_LISTED ENTRIES_.

---------------

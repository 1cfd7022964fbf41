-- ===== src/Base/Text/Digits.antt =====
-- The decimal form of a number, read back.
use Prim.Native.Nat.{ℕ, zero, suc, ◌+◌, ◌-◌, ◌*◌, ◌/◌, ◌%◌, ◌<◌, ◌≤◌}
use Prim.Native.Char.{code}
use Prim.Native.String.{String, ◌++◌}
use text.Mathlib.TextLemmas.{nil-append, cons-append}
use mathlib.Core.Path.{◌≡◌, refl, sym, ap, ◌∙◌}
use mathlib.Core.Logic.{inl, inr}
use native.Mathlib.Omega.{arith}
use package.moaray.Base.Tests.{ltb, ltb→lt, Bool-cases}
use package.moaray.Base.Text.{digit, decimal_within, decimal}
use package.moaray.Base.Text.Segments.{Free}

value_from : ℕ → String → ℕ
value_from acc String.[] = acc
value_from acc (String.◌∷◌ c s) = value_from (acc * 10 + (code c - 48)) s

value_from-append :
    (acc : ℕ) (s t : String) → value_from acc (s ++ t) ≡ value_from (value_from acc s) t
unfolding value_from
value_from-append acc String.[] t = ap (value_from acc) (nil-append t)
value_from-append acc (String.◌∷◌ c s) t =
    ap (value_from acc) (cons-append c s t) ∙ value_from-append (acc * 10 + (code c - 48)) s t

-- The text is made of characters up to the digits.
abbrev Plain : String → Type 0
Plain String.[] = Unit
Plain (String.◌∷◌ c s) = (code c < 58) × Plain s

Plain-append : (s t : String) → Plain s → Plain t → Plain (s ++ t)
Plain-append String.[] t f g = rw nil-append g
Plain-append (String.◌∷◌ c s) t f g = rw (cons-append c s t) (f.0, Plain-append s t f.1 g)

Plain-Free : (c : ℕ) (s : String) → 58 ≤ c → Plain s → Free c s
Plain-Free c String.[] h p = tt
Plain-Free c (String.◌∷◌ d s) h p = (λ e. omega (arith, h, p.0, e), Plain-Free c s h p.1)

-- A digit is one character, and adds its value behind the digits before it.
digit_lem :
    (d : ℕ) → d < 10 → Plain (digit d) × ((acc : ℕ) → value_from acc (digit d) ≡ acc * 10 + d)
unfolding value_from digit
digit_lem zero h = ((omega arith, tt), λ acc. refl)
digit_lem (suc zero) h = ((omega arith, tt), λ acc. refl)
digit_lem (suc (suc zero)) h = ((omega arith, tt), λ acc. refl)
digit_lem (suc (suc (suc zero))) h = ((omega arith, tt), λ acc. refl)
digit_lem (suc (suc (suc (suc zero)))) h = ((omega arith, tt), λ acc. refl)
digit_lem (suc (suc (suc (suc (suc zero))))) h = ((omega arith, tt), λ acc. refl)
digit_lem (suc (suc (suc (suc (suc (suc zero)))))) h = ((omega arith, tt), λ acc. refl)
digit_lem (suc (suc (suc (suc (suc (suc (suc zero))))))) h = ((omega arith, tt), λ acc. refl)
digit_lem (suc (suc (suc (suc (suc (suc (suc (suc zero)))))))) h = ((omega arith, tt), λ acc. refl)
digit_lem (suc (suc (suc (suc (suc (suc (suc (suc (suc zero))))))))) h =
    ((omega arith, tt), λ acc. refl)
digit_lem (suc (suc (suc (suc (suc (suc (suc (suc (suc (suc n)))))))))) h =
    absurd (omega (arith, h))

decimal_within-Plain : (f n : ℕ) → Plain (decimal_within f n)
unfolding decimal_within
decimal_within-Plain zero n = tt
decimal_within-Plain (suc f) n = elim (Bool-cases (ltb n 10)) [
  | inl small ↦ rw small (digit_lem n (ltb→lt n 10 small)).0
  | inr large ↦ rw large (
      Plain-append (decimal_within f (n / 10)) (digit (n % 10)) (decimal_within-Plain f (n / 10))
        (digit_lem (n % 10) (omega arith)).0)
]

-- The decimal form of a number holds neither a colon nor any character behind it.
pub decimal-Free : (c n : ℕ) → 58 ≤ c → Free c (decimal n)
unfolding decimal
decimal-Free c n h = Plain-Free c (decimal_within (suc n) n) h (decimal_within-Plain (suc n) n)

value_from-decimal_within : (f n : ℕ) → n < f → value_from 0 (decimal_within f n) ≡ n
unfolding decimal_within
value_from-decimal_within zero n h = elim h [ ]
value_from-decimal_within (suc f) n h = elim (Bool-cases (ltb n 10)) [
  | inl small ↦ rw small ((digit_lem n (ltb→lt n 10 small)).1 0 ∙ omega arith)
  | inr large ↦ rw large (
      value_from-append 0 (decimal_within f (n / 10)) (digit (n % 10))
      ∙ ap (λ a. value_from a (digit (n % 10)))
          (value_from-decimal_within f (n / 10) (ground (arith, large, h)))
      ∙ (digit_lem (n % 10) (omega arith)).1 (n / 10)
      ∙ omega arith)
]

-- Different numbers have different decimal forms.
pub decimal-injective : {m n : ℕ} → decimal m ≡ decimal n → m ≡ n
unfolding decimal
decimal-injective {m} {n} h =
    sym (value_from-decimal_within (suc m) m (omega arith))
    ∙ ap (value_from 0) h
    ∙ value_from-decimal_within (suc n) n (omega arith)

---------------

_WHAT THE TASK ASKS_. Please output the complete listing without any alteration.

_TASK RESULT_.
repository 1cfd7022964fbf41
-- ===== src/Base/Text/Digits.antt =====
-- The decimal form of a number, read back.
use Prim.Native.Nat.{ℕ, zero, suc, ◌+◌, ◌-◌, ◌*◌, ◌/◌, ◌%◌, ◌<◌, ◌≤◌}
use Prim.Native.Char.{code}
use Prim.Native.String.{String, ◌++◌}
use text.Mathlib.TextLemmas.{nil-append, cons-append}
use mathlib.Core.Path.{◌≡◌, refl, sym, ap, ◌∙◌}
use mathlib.Core.Logic.{inl, inr}
use native.Mathlib.Omega.{arith}
use package.moaray.Base.Tests.{ltb, ltb→lt, Bool-cases}
use package.moaray.Base.Text.{digit, decimal_within, decimal}
use package.moaray.Base.Text.Segments.{Free}

value_from : ℕ → String → ℕ
value_from acc String.[] = acc
value_from acc (String.◌∷◌ c s) = value_from (acc * 10 + (code c - 48)) s

value_from-append :
    (acc : ℕ) (s t : String) → value_from acc (s ++ t) ≡ value_from (value_from acc s) t
unfolding value_from
value_from-append acc String.[] t = ap (value_from acc) (nil-append t)
value_from-append acc (String.◌∷◌ c s) t =
    ap (value_from acc) (cons-append c s t) ∙ value_from-append (acc * 10 + (code c - 48)) s t

-- The text is made of characters up to the digits.
abbrev Plain : String → Type 0
Plain String.[] = Unit
Plain (String.◌∷◌ c s) = (code c < 58) × Plain s

Plain-append : (s t : String) → Plain s → Plain t → Plain (s ++ t)
Plain-append String.[] t f g = rw nil-append g
Plain-append (String.◌∷◌ c s) t f g = rw (cons-append c s t) (f.0, Plain-append s t f.1 g)

Plain-Free : (c : ℕ) (s : String) → 58 ≤ c → Plain s → Free c s
Plain-Free c String.[] h p = tt
Plain-Free c (String.◌∷◌ d s) h p = (λ e. omega (arith, h, p.0, e), Plain-Free c s h p.1)

-- A digit is one character, and adds its value behind the digits before it.
digit_lem :
    (d : ℕ) → d < 10 → Plain (digit d) × ((acc : ℕ) → value_from acc (digit d) ≡ acc * 10 + d)
unfolding value_from digit
digit_lem zero h = ((omega arith, tt), λ acc. refl)
digit_lem (suc zero) h = ((omega arith, tt), λ acc. refl)
digit_lem (suc (suc zero)) h = ((omega arith, tt), λ acc. refl)
digit_lem (suc (suc (suc zero))) h = ((omega arith, tt), λ acc. refl)
digit_lem (suc (suc (suc (suc zero)))) h = ((omega arith, tt), λ acc. refl)
digit_lem (suc (suc (suc (suc (suc zero))))) h = ((omega arith, tt), λ acc. refl)
digit_lem (suc (suc (suc (suc (suc (suc zero)))))) h = ((omega arith, tt), λ acc. refl)
digit_lem (suc (suc (suc (suc (suc (suc (suc zero))))))) h = ((omega arith, tt), λ acc. refl)
digit_lem (suc (suc (suc (suc (suc (suc (suc (suc zero)))))))) h = ((omega arith, tt), λ acc. refl)
digit_lem (suc (suc (suc (suc (suc (suc (suc (suc (suc zero))))))))) h =
    ((omega arith, tt), λ acc. refl)
digit_lem (suc (suc (suc (suc (suc (suc (suc (suc (suc (suc n)))))))))) h =
    absurd (omega (arith, h))

decimal_within-Plain : (f n : ℕ) → Plain (decimal_within f n)
unfolding decimal_within
decimal_within-Plain zero n = tt
decimal_within-Plain (suc f) n = elim (Bool-cases (ltb n 10)) [
  | inl small ↦ rw small (digit_lem n (ltb→lt n 10 small)).0
  | inr large ↦ rw large (
      Plain-append (decimal_within f (n / 10)) (digit (n % 10)) (decimal_within-Plain f (n / 10))
        (digit_lem (n % 10) (omega arith)).0)
]

-- The decimal form of a number holds neither a colon nor any character behind it.
pub decimal-Free : (c n : ℕ) → 58 ≤ c → Free c (decimal n)
unfolding decimal
decimal-Free c n h = Plain-Free c (decimal_within (suc n) n) h (decimal_within-Plain (suc n) n)

value_from-decimal_within : (f n : ℕ) → n < f → value_from 0 (decimal_within f n) ≡ n
unfolding decimal_within
value_from-decimal_within zero n h = elim h [ ]
value_from-decimal_within (suc f) n h = elim (Bool-cases (ltb n 10)) [
  | inl small ↦ rw small ((digit_lem n (ltb→lt n 10 small)).1 0 ∙ omega arith)
  | inr large ↦ rw large (
      value_from-append 0 (decimal_within f (n / 10)) (digit (n % 10))
      ∙ ap (λ a. value_from a (digit (n % 10)))
          (value_from-decimal_within f (n / 10) (ground (arith, large, h)))
      ∙ (digit_lem (n % 10) (omega arith)).1 (n / 10)
      ∙ omega arith)
]

-- Different numbers have different decimal forms.
pub decimal-injective : {m n : ℕ} → decimal m ≡ decimal n → m ≡ n
unfolding decimal
decimal-injective {m} {n} h =
    sym (value_from-decimal_within (suc m) m (omega arith))
    ∙ ap (value_from 0) h
    ∙ value_from-decimal_within (suc n) n (omega arith)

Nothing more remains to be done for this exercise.